Waiting for Chuo Bus [Kan 88] factory line. From the signboard, we understand that the bus that we are going to take is also known as “Sapporo Walk”, it’s a loop bus service running at 15 mins interval around the city center. ¥200 per trip.
At the entrance of Sapporo Beer Museum. Admission to the museum is free.
Took this shot to remind me of the date we visited Sapporo Beer Museum. 🙂
The wall description covers the history of beer in Japan but the displays are not in English.
Miniature model on the process of brewing. Malting/Wort production.
Filling/Shipping – then to our stomach. LOL!

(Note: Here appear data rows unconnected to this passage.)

-- ===== src/Builder.antt =====
-- crates/http/src/server/builder_api: the routes of the builders. A handler returns the storage and
-- its reply or rejection.
pub mod Admission
pub mod Effects
pub mod Rejection
use Prim.Native.String.{String}
use rs_mev_relay.Prelude.{
  Bool, true, not, none, some, List, Result, ok, err, ◌>>=◌, ◌>>◌, guard, ok_or, map_err, ◌==◌,
}
use rs_mev_relay.Primitives.Bids.{BidTrace, BidSubmission, gt, to_blinded_block_response}
use rs_mev_relay.Primitives.Chain.{ValidationErrors, slot, prev_randao, is_next_slot, validate_bid}
use rs_mev_relay.Primitives.Registrations.{Validator}
use rs_mev_relay.Primitives.Domains.{compute_builder_domain}
use rs_mev_relay.Primitives.External.{External, verify_bid_signature}
use rs_mev_relay.Storage.{
  InMemoryStorage, fork_data, read_head_slot, read_payload_attributes, read_proposer_duties,
  read_best_bid, is_whitelisted_builder, find_duty_by_slot, set_best_bid,
  set_blinded_block_response,
}

pub data PostBidsError : Type 0 where
  below_floor zero_bid unauthorized_builder past_slot_submission duty_not_found : PostBidsError
  invalid_signature : PostBidsError
  invalid_payload_attrs : String → PostBidsError

-- `ValidationErrors::to_string`
unfoldable pub describe : ValidationErrors → String
describe slot = "Payload attributes: Invalid slot."
describe prev_randao = "Payload attributes: Invalid prev_randao."

unfoldable pub is_bid_higher : InMemoryStorage → BidTrace → Bool
is_bid_higher s bid = elim (read_best_bid s bid.slot bid.parent_hash bid.proposer_pubkey) [
  | none ↦ true
  | some current_best ↦ gt bid current_best.message
]

module _ (x : External) where
  -- The checks of the handler, in its order: the first that fails rejects the submission.
  unfoldable pub admit : InMemoryStorage → BidSubmission → Result PostBidsError Validator
  admit s submission = do
    let bid = submission.message
    guard (is_bid_higher s bid) below_floor
    guard (not (bid.value.value == 0)) zero_bid
    guard (is_whitelisted_builder s bid.builder_pubkey) unauthorized_builder
    guard (is_next_slot (read_head_slot s) bid.slot) past_slot_submission
    map_err (λ e. invalid_payload_attrs (describe e))
        (validate_bid (read_payload_attributes s) bid.slot submission.execution_payload.prev_randao)
    duty ← ok_or (find_duty_by_slot s bid.slot) duty_not_found
    guard
        (verify_bid_signature x bid submission.signature
          (compute_builder_domain x.fork_data_root (fork_data s)))
        invalid_signature
    ok duty

-- The writes of the handler. `BidSubmission::new` builds the submission again from its parts.
unfoldable pub accept : BidSubmission → Validator → InMemoryStorage → InMemoryStorage
accept submission duty s =
    let rebuilt : BidSubmission = record {
      message = submission.message;
      execution_payload = submission.execution_payload;
      blobs_bundle = submission.blobs_bundle;
      signature = submission.signature;
    } in
    set_blinded_block_response duty.entry.message.pubkey (to_blinded_block_response rebuilt)
      (set_best_bid submission.message.slot rebuilt s)

-- POST /relay/v1/builder/blocks
unfoldable pub post_bids :
    External → BidSubmission → InMemoryStorage → InMemoryStorage × Result PostBidsError (Unit {0})
post_bids x submission s = elim (admit x s submission) [
  | err e ↦ (s, err e)
  | ok duty ↦ (accept submission duty s, ok tt)
]

-- GET /relay/v1/builder/validators
unfoldable pub get_validators : InMemoryStorage → List Validator
get_validators s = read_proposer_duties s
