-- ===== src/Builder/Admission.antt =====
-- When a submission of crates/http/src/server/builder_api/post_bids.rs is admitted.
use mathlib.Core.List.{Mem}
use rs_mev_relay.Prelude.{
  ◌+◌, ◌%◌, ◌<◌, true, false, some, ok, ◌≡◌, ◌↔◌, arith, contains_iff, ◌==◌, Option-cases, inl, inr,
}
use rs_mev_relay.Primitives.Keys.{BlsPublicKey-discrete}
use rs_mev_relay.Primitives.Bids.{BidTrace, BidSubmission, gt}
use rs_mev_relay.Primitives.Chain.{is_next_slot, validate_bid, u64_mod}
use rs_mev_relay.Primitives.Registrations.{Validator}
use rs_mev_relay.Primitives.Domains.{compute_builder_domain}
use rs_mev_relay.Primitives.External.{External, verify_bid_signature}
use rs_mev_relay.Storage.{InMemoryStorage, read_best_bid, is_whitelisted_builder, find_duty_by_slot}
use rs_mev_relay.Builder.{admit, is_bid_higher}

-- What the relay requires of a submission, and the duty that it serves.
pub record Admissible (x : External) (s : InMemoryStorage) (b : BidSubmission) (duty : Validator)
    : Type 0 where
  -- strictly above the best bid for the same slot, parent and proposer
  pub higher :
      (best : BidSubmission)
      → read_best_bid s b.message.slot b.message.parent_hash b.message.proposer_pubkey ≡ some best
      → best.message.value.value < b.message.value.value
  pub positive : 0 < b.message.value.value
  pub allowed : Mem b.message.builder_pubkey s.inner.wlist_builders
  pub next : (s.inner.slot.slot + 1) % u64_mod ≡ b.message.slot
  pub proposal : s.inner.payload_attributes.proposal_slot ≡ b.message.slot
  pub randao :
      s.inner.payload_attributes.payload_attributes.prev_randao ≡ b.execution_payload.prev_randao
  pub on_duty : find_duty_by_slot s b.message.slot ≡ some duty
  pub signed :
      verify_bid_signature x b.message b.signature
        (compute_builder_domain x.fork_data_root s.inner.fork_data)
      ≡ true

-- The same, by the tests that the code makes.
abbrev Passes : External → InMemoryStorage → BidSubmission → Validator → Type 0
Passes x s b duty =
    (is_bid_higher s b.message ≡ true)
    × (b.message.value.value == 0 ≡ false)
    × (is_whitelisted_builder s b.message.builder_pubkey ≡ true)
    × (is_next_slot s.inner.slot b.message.slot ≡ true)
    × (validate_bid s.inner.payload_attributes b.message.slot b.execution_payload.prev_randao
        ≡ ok tt)
    × (find_duty_by_slot s b.message.slot ≡ some duty)
    × (verify_bid_signature x b.message b.signature
          (compute_builder_domain x.fork_data_root s.inner.fork_data)
        ≡ true)

admit-Passes :
    (x : External) (s : InMemoryStorage) (b : BidSubmission) (duty : Validator)
    → admit x s b ≡ ok duty
    → Passes x s b duty
unfolding admit
admit-Passes x s b duty h = ground arith

admit_of_Passes :
    (x : External) (s : InMemoryStorage) (b : BidSubmission) (duty : Validator)
    → Passes x s b duty
    → admit x s b ≡ ok duty
unfolding admit
admit_of_Passes x s b duty p = ground arith

pub is_bid_higher-lt :
    (s : InMemoryStorage) (b : BidTrace)
    → is_bid_higher s b ≡ true
    → (best : BidSubmission) → read_best_bid s b.slot b.parent_hash b.proposer_pubkey ≡ some best
    → best.message.value.value < b.value.value
unfolding is_bid_higher gt
is_bid_higher-lt s b h best e = ground arith

is_bid_higher_of_lt :
    (s : InMemoryStorage) (b : BidTrace)
    → ((best : BidSubmission)
        → read_best_bid s b.slot b.parent_hash b.proposer_pubkey ≡ some best
        → best.message.value.value < b.value.value)
    → is_bid_higher s b ≡ true
unfolding is_bid_higher gt
is_bid_higher_of_lt s b h =
    elim (Option-cases (read_best_bid s b.slot b.parent_hash b.proposer_pubkey)) [
      | inl e ↦ rw (e, is_bid_higher)
      | inr (best, e) ↦ let below = h best e in ground arith
    ]

Admissible-of_Passes :
    (x : External) (s : InMemoryStorage) (b : BidSubmission) (duty : Validator)
    → Passes x s b duty
    → Admissible x s b duty
unfolding is_whitelisted_builder is_next_slot validate_bid
Admissible-of_Passes x s b duty p = record {
  higher = is_bid_higher-lt s b.message p.0;
  positive = ground arith;
  allowed =
      (contains_iff BlsPublicKey-discrete s.inner.wlist_builders b.message.builder_pubkey).0 p.2;
  next = ground arith;
  proposal = ground arith;
  randao = ground arith;
  on_duty = p.5;
  signed = p.6;
}

Passes-of_Admissible :
    (x : External) (s : InMemoryStorage) (b : BidSubmission) (duty : Validator)
    → Admissible x s b duty
    → Passes x s b duty
unfolding is_whitelisted_builder is_next_slot validate_bid
Passes-of_Admissible x s b duty a = (
  is_bid_higher_of_lt s b.message a.higher,
  ground arith,
  (contains_iff BlsPublicKey-discrete s.inner.wlist_builders b.message.builder_pubkey).1 a.allowed,
  ground arith,
  ground arith,
  a.on_duty,
  a.signed,
)

-- The checks of a submission pass for a duty exactly when the submission is admissible: it
-- outbids the best bid for its slot, parent and proposer, its value is positive, its builder is
-- whitelisted, its slot is the one after the head and the one of the latest payload attributes,
-- it has their randao, the duty is the one found for its slot, and its signature is verified.
pub admit-eq-ok_iff :
    (x : External) (s : InMemoryStorage) (b : BidSubmission) (duty : Validator)
    → (admit x s b ≡ ok duty) ↔ Admissible x s b duty
admit-eq-ok_iff x s b duty = (
  λ h. Admissible-of_Passes x s b duty (admit-Passes x s b duty h),
  λ a. admit_of_Passes x s b duty (Passes-of_Admissible x s b duty a),
)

A glass showcase of different kinds of packaging used through out the history of Sapporo Beer.
At the end of the tour, you can taste a sample of three different of beer at ¥400 – Black Label, Yebisu Black and Kaitakushi Beer. I love all of them! Wahahaha!
The bar counter where they serve beer and other small eats as well.
Behind where we sat, a wall dedicated to the beer advertisements used in yesteryears.
Wander off to Sapporo Beer Garden.
Several restaurants located around here.
The popular Genghis Khan (mutton barbecue) restaurant where they also serve the delicious draft beer as well.
A shopping center nearby the bus stop that we await for bus back to Odori area.
Large Gyudon (Beef Bowl) for dinner at ¥680. Love lots of shichimi (seven flavor chili pepper) on it!
五月十日(看昨日行程)-从大通乘搭地铁到新札幌站，再转换巴士(10平台巴士号码22)JR北海道巴士200 日元。十五分钟后，在Kaitaku村巴士站下车(查看以上画面)。北海道历史村（Kaitaku村)，是个户外博物馆分为镇，渔村和山村展示了在明治，大正时代（第19至中旬20世纪初）的大约60古代建筑/结构. 北海道历史村位于札幌市郊区的Nopporo森林公园，占地约五十四公顷。你可以花2至3小时体验旧式的北海道生活方式。
Kaitaku村管理办公室大楼，成人入场费830 日元。宣传册摘录:旧札幌火车站（管理办公室大楼）- 棒式建筑是札幌1908年至1952年的正门，目前是普遍使用的管理办公大楼 （1908)。
有島武郎-著名的日本作家”Umareizuru Nayami”(The Agony of Coming into Existence)结婚时住在这里。该研究报告中记载着和住所曾出现在有島的小说里。武郎先生把农场租给佃农(札幌1904年，两层木建筑)。
乘搭地铁会札幌，找吃的。我们被电子订购吸引，所以决定吃”Pepper Lunch“。在日本，很多快餐店都使用电子订购 – 把钱塞进贩卖机，选择食物按按钮，贩卖机就会发出食品券。完成订购，采取食品券和找座位，服务人员将到你的座子领取食品券。
等待Chuo Bus(侃88)工厂线。招牌显示，我们乘搭的巴士也称为“札幌城”，这是个循环巴士服务每隔15分钟一辆。每趟 200日元
参观结束时，你可以400日元品尝三种不同的啤酒- 黑牌，惠比寿和Kaitakushi。我全部都爱! Wahahaha!